Introduction to Databricks Delta

Note

Databricks Delta is in Private Preview. Contact your account manager or go to https://databricks.com/product/databricks-delta to request access.

Databricks Delta delivers a powerful transactional storage layer by harnessing the power of Apache Spark and Databricks DBFS. The core abstraction of Databricks Delta is an optimized Spark table that

  • Stores data as Parquet files in DBFS.
  • Maintains a transaction log that efficiently tracks changes to the table.

You read and write data stored in the delta format using the same familiar Apache Spark SQL batch and streaming APIs that you use to work with Hive tables and DBFS directories. With the addition of the transaction log and other enhancements, Databricks Delta offers significant benefits:

ACID transactions
  • Multiple writers can simultaneously modify a dataset and see consistent views.
  • Writers can modify a dataset without interfering with jobs reading the dataset.
Fast read access
  • Automatic file management organizes data into large files that can be read efficiently.
  • Statistics enable speeding up reads by 10-100x and and data skipping avoids reading irrelevant information.

Requirements

Databricks Delta requires Databricks Runtime 4.1 or above. If you created a Databricks Delta table using a Databricks Runtime lower than 4.1, the table version must be upgraded. For details, see Table Versioning.

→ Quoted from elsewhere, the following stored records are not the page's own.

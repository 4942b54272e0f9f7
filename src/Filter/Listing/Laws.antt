-- ===== src/Filter/Listing/Laws.antt =====
-- What a join of metrics with their fields returns.
use easymail.Base.{
  ℕ, ◌+◌, ◌≡◌, refl, ap, ap₂, sym, ◌∙◌, Bool, true, false, ◌&&◌, ◌||◌, Option, none, some, List, [],
  ◌∷◌, ◌++◌, map, keep, length, ◌==◌, arith, if◌then◌else◌,
}
use easymail.Base.Int.{eq_ℤ}
use easymail.Model.Listing.{SameRows}
use easymail.Filter.{FilterStage}
use easymail.Filter.Metric.{FilterMetric}
use easymail.Filter.Listing.{
  FilterField, Joined, Loaded, measures, by_stage, get_filter_metric_by_stage,
}

-- The joined rows of a metric for the fields that the join finds: one row without a field when it
-- finds none.
abbrev pub rows_of : Joined → FilterMetric → List FilterField → List FilterMetric
rows_of j m [] = if j.rows m none then m ∷ [] else []
rows_of j m (f ∷ fs) = map (λ _. m) (keep (λ g. j.rows m (some g)) (f ∷ fs))

-- The metrics of a left join.
abbrev pub left_join : Joined → List FilterMetric → List FilterField → List FilterMetric
left_join j [] fs = []
left_join j (m ∷ ms) fs = rows_of j m (keep (j.on m) fs) ++ left_join j ms fs

-- A query that joins on the left, in some order.
pub record IsJoin (find : Joined → List FilterMetric → List FilterField → Option (List Loaded))
    : Type 0 where
  pub joined :
      (j : Joined) (ms : List FilterMetric) (fs : List FilterField) {out : List Loaded}
      → find j ms fs ≡ some out
      → SameRows (map (λ l. l.0) out) (left_join j ms fs)

-- The field is the metric's primary or secondary one, is of the stage, active and measurable.
abbrev pub is_measured : FilterStage → FilterMetric → FilterField → Bool
is_measured stage m f =
    (eq_ℤ f.id m.primary_field_id || eq_ℤ f.id m.secondary_field_id) && measures stage (some f)

-- How often the active metrics of the test are returned: once for each such field.
abbrev pub times : FilterStage → (FilterMetric → Bool) → List FilterMetric → List FilterField → ℕ
times stage q [] fs = 0
times stage q (m ∷ ms) fs =
    (if q m && m.status == 1 then length (keep (is_measured stage m) fs) else 0)
    + times stage q ms fs

module _ {A B : Type 0} where
  length-keep-map :
      (q : B → Bool) (f : A → B) (xs : List A)
      → length (keep q (map f xs)) ≡ length (keep (λ x. q (f x)) xs)
  length-keep-map q f [] = refl
  length-keep-map q f (x ∷ xs) = ground (arith, length-keep-map q f xs)

module _ {A : Type 0} where
  length-keep-append :
      (q : A → Bool) (xs ys : List A)
      → length (keep q (xs ++ ys)) ≡ length (keep q xs) + length (keep q ys)
  length-keep-append q [] ys = omega arith
  length-keep-append q (x ∷ xs) ys = ground (arith, length-keep-append q xs ys)

  keep-keep : (p q : A → Bool) (xs : List A) → keep p (keep q xs) ≡ keep (λ x. q x && p x) xs
  keep-keep p q [] = refl
  keep-keep p q (x ∷ xs) = ground (arith, keep-keep p q xs)

-- A row that is there or not, for each of some fields.
length-keep-const :
    (q : FilterMetric → Bool) (m : FilterMetric) (p : FilterField → Bool) (fs : List FilterField)
    → length (keep q (map (λ _. m) (keep p fs))) ≡ (if q m then length (keep p fs) else 0)
length-keep-const q m p [] = ground arith
length-keep-const q m p (f ∷ fs) = ground (arith, length-keep-const q m p fs)

-- A test that does not depend on the element, beside another.
length-keep-guarded :
    (c : Bool) (p : FilterField → Bool) (fs : List FilterField)
    → length (keep (λ f. c && p f) fs) ≡ (if c then length (keep p fs) else 0)
length-keep-guarded true p fs = refl
length-keep-guarded false p [] = refl
length-keep-guarded false p (f ∷ fs) = length-keep-guarded false p fs

nested_if :
    (a b : Bool) (n : ℕ) → (if a then (if b then n else 0) else 0) ≡ (if a && b then n else 0)
nested_if true b n = refl
nested_if false b n = refl

module _ (stage : FilterStage) (q : FilterMetric → Bool) (m : FilterMetric) where
  no_field : (b : Bool) → (if b && false then m ∷ [] else []) ≡ []
  no_field true = refl
  no_field false = refl

  zero_twice : (b : Bool) → length (keep q []) ≡ (if b then 0 else 0)
  zero_twice true = refl
  zero_twice false = refl

  length-rows_of :
      (fs : List FilterField)
      → length (keep q (rows_of (by_stage stage) m fs))
        ≡ (if q m && m.status == 1 then length (keep (λ f. measures stage (some f)) fs) else 0)
  unfolding by_stage
  length-rows_of [] =
      ap (λ xs. length (keep q xs)) (no_field (m.status == 1)) ∙ zero_twice (q m && m.status == 1)
  length-rows_of (f ∷ fs) =
      length-keep-const q m (λ g. m.status == 1 && measures stage (some g)) (f ∷ fs)
      ∙ ap (λ n. if q m then n else 0)
          (length-keep-guarded (m.status == 1) (λ g. measures stage (some g)) (f ∷ fs))
      ∙ nested_if (q m) (m.status == 1) (length (keep (λ g. measures stage (some g)) (f ∷ fs)))

length-left_join :
    (stage : FilterStage) (q : FilterMetric → Bool) (ms : List FilterMetric) (fs : List FilterField)
    → length (keep q (left_join (by_stage stage) ms fs)) ≡ times stage q ms fs
unfolding by_stage
length-left_join stage q [] fs = refl
length-left_join stage q (m ∷ ms) fs =
    let on = λ (f : FilterField). eq_ℤ f.id m.primary_field_id || eq_ℤ f.id m.secondary_field_id in
    length-keep-append q (rows_of (by_stage stage) m (keep on fs))
      (left_join (by_stage stage) ms fs)
    ∙ ap₂ (λ a b. a + b)
        (length-rows_of stage q m (keep on fs)
          ∙ ap (λ xs. if q m && m.status == 1 then length xs else 0)
              (keep-keep (λ f. measures stage (some f)) on fs))
        (length-left_join stage q ms fs)

-- Over a query that joins on the left, `GetFilterMetricByStage` returns each active metric once for
-- each field of its two that is of the stage, active and measurable, and no other metric: one with no
-- such field is not returned, and one whose two fields are such is returned twice. Counted for every
-- test on metrics.
pub get_filter_metric_by_stage-times :
    (find : Joined → List FilterMetric → List FilterField → Option (List Loaded))
    → IsJoin find
    → (stage : FilterStage) (ms : List FilterMetric) (fs : List FilterField) (out : List Loaded)
    → get_filter_metric_by_stage true find stage ms fs ≡ some out
    → (q : FilterMetric → Bool) → length (keep (λ l. q (l.0)) out) ≡ times stage q ms fs
unfolding get_filter_metric_by_stage
get_filter_metric_by_stage-times find is stage ms fs out e q =
    sym (length-keep-map q (λ l. l.0) out)
    ∙ is.joined (by_stage stage) ms fs e q
    ∙ length-left_join stage q ms fs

Frequently asked questions (FAQ)

How do Databricks Delta tables compare to Hive SerDe tables?

Databricks Delta tables are managed to a greater degree. In particular, there are several Hive SerDe parameters that Databricks Delta manages on your behalf that you should never specify manually:

  • ROWFORMAT
  • SERDE
  • OUTPUTFORMAT AND INPUTFORMAT
  • COMPRESSION
  • STORED AS
Does Databricks Delta support multi-table transactions?
Databricks Delta does not support multi-table transactions and foreign keys. Databricks Delta supports transactions at the table level.
Does Databricks Delta support writes or reads using the Spark Streaming DStream API?
Databricks Delta does not support the DStream API. We recommend Structured Streaming.
What DDL and DML features does Databricks Delta not support?
  • Unsupported DDL features:
    • ANALYZE TABLE PARTITION
    • ALTER TABLE [ADD|DROP] PARTITION
    • ALTER TABLE SET LOCATION
    • ALTER TABLE RECOVER PARTITIONS
    • ALTER TABLE SET SERDEPROPERTIES
    • CREATE TABLE LIKE
    • INSERT OVERWRITE DIRECTORY
    • LOAD DATA
    • TRUNCATE
  • Unsupported DML features:
    • INSERT INTO [OVERWRITE] with static partitions.
    • Subqueries in the WHERE conditions of UPDATE and DELETE.
    • Bucketing.
    • Specifying a schema when reading from a table. A command such as spark.read.format("delta").schema(df.schema).load(path) will fail.
What are the limitations of transactional writes?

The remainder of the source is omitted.